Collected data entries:
------------------------------

-- ===== src/Memory/DescriptorRing.antt =====
-- include/nic/descriptor_ring.h and src/descriptor_ring.cpp. The DMA engine and the doorbell are
-- shared with other parts of the device, so a call takes them and gives them back.
pub mod Inv
pub mod Refine
use Prim.Native.String.{String}
use smart_nic.Base.{
  ℕ, ◌+◌, ◌-◌, ◌*◌, ◌%◌, ◌^◌, Bool, true, false, not, Option, none, some, List, if◌then◌else◌, ◌==◌,
  length, slice, splice, replicate, add32, add64, sub64,
}
use smart_nic.Memory.Dma
use smart_nic.Memory.Dma.{
  DmaEngine, DmaResult, done, failed, succeeded, access_error, internal_error,
}
use smart_nic.Memory.Doorbell.{Doorbell, DoorbellPayload, notify}

pub record DescriptorRingConfig : Type 0 where
  pub descriptor_size : ℕ
  pub ring_size : ℕ
  pub base_address : ℕ
  pub queue_id : ℕ
  pub host_backed : Bool

pub record DescriptorRing : Type 0 where
  pub config : DescriptorRingConfig
  pub open config use *
  pub storage : List ℕ
  pub producer_index : ℕ
  pub consumer_index : ℕ
  pub count : ℕ

-- What the ring's two pointers lead to.
pub record Shared : Type 0 where
  pub dma_engine : Option DmaEngine
  pub doorbell : Option Doorbell

unfoldable pub init : DescriptorRingConfig → DescriptorRing
init c = record {
  config = c;
  storage = if c.host_backed then List.[] else replicate (c.descriptor_size * c.ring_size) 0;
  producer_index = 0;
  consumer_index = 0;
  count = 0;
}

unfoldable pub is_full : DescriptorRing → Bool
is_full r = r.count == r.ring_size

unfoldable pub is_empty : DescriptorRing → Bool
is_empty r = r.count == 0

unfoldable pub available : DescriptorRing → ℕ
available r = r.count

unfoldable pub space : DescriptorRing → ℕ
space r = sub64 r.ring_size r.count

pub slot_address : DescriptorRing → ℕ → ℕ
slot_address r slot = add64 r.base_address (slot * r.descriptor_size % 2 ^ 64)

-- `slot_span` and `const_slot_span`: where the slot starts in the storage.
pub slot_offset : DescriptorRing → ℕ → ℕ
slot_offset r slot = slot * r.descriptor_size % 2 ^ 64

next_index : DescriptorRing → ℕ → ℕ
next_index r i = add32 i 1 % r.ring_size % 2 ^ 32

-- The common end of a push that has stored its descriptor.
produced : DescriptorRing → Shared → List ℕ → DmaResult × DescriptorRing × Shared
unfolding next_index
produced r s descriptor =
    let r' = record r { producer_index = next_index r r.producer_index; count = add32 r.count 1 } in
    let payload : DoorbellPayload = record { queue_id = r.queue_id; value = r'.producer_index } in
    (done (length descriptor), r', record s { doorbell = notify s.doorbell payload })

consumed : DescriptorRing → Shared → List ℕ → DmaResult × DescriptorRing × Shared × List ℕ
unfolding next_index
consumed r s out = (
  done (length out),
  record r { consumer_index = next_index r r.consumer_index; count = r.count - 1 },
  s,
  out,
)

push_host :
    DescriptorRing → Shared → Option DmaEngine → List ℕ → DmaResult × DescriptorRing × Shared
unfolding produced slot_address
push_host r s none descriptor = (failed internal_error (some "no_dma"), r, s)
push_host r s (some e) descriptor =
    let (result, e') = Dma.write e (slot_address r r.producer_index) descriptor in
    let s' : Shared = record s { dma_engine = some e' } in
    if succeeded result then produced r s' descriptor else (result, r, s')

pop_host :
    DescriptorRing
    → Shared
    → Option DmaEngine
    → List ℕ
    → DmaResult × DescriptorRing × Shared × List ℕ
unfolding consumed slot_address
pop_host r s none out = (failed internal_error (some "no_dma"), r, s, out)
pop_host r s (some e) out =
    let (result, e', out') = Dma.read e (slot_address r r.consumer_index) out in
    let s' : Shared = record s { dma_engine = some e' } in
    if succeeded result then consumed r s' out' else (result, r, s', out')

push_stored : DescriptorRing → Shared → List ℕ → DmaResult × DescriptorRing × Shared
unfolding produced slot_offset
push_stored r s descriptor =
    produced (record r { storage = splice r.storage (slot_offset r r.producer_index) descriptor }) s
      descriptor

unfoldable pub push_descriptor :
    DescriptorRing → Shared → List ℕ → DmaResult × DescriptorRing × Shared
unfolding push_host push_stored is_full
push_descriptor r s descriptor =
    if not (length descriptor == r.descriptor_size)
    then (failed access_error (some "size_mismatch"), r, s)
    else if is_full r
    then (failed access_error (some "ring_full"), r, s)
    else if r.host_backed
    then push_host r s s.dma_engine descriptor
    else push_stored r s descriptor

pop_stored : DescriptorRing → Shared → List ℕ → DmaResult × DescriptorRing × Shared × List ℕ
unfolding consumed slot_offset
pop_stored r s out =
    consumed r s (splice out 0 (slice r.storage (slot_offset r r.consumer_index) (length out)))

-- `out` is the caller's span.
unfoldable pub pop_descriptor :
    DescriptorRing → Shared → List ℕ → DmaResult × DescriptorRing × Shared × List ℕ
unfolding pop_host pop_stored is_empty
pop_descriptor r s out =
    if not (length out == r.descriptor_size)
    then (failed access_error (some "size_mismatch"), r, s, out)
    else if is_empty r
    then (failed access_error (some "ring_empty"), r, s, out)
    else if r.host_backed
    then pop_host r s s.dma_engine out
    else pop_stored r s out

unfoldable pub reset : DescriptorRing → DescriptorRing
reset r = record r { producer_index = 0; consumer_index = 0; count = 0 }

------------------------------

Your response should contain each line of the entries above that holds the string "DmaEngine".

Exercise solution:
  DmaEngine, DmaResult, done, failed, succeeded, access_error, internal_error,
  pub dma_engine : Option DmaEngine
    DescriptorRing → Shared → Option DmaEngine → List ℕ → DmaResult × DescriptorRing × Shared
    → Option DmaEngine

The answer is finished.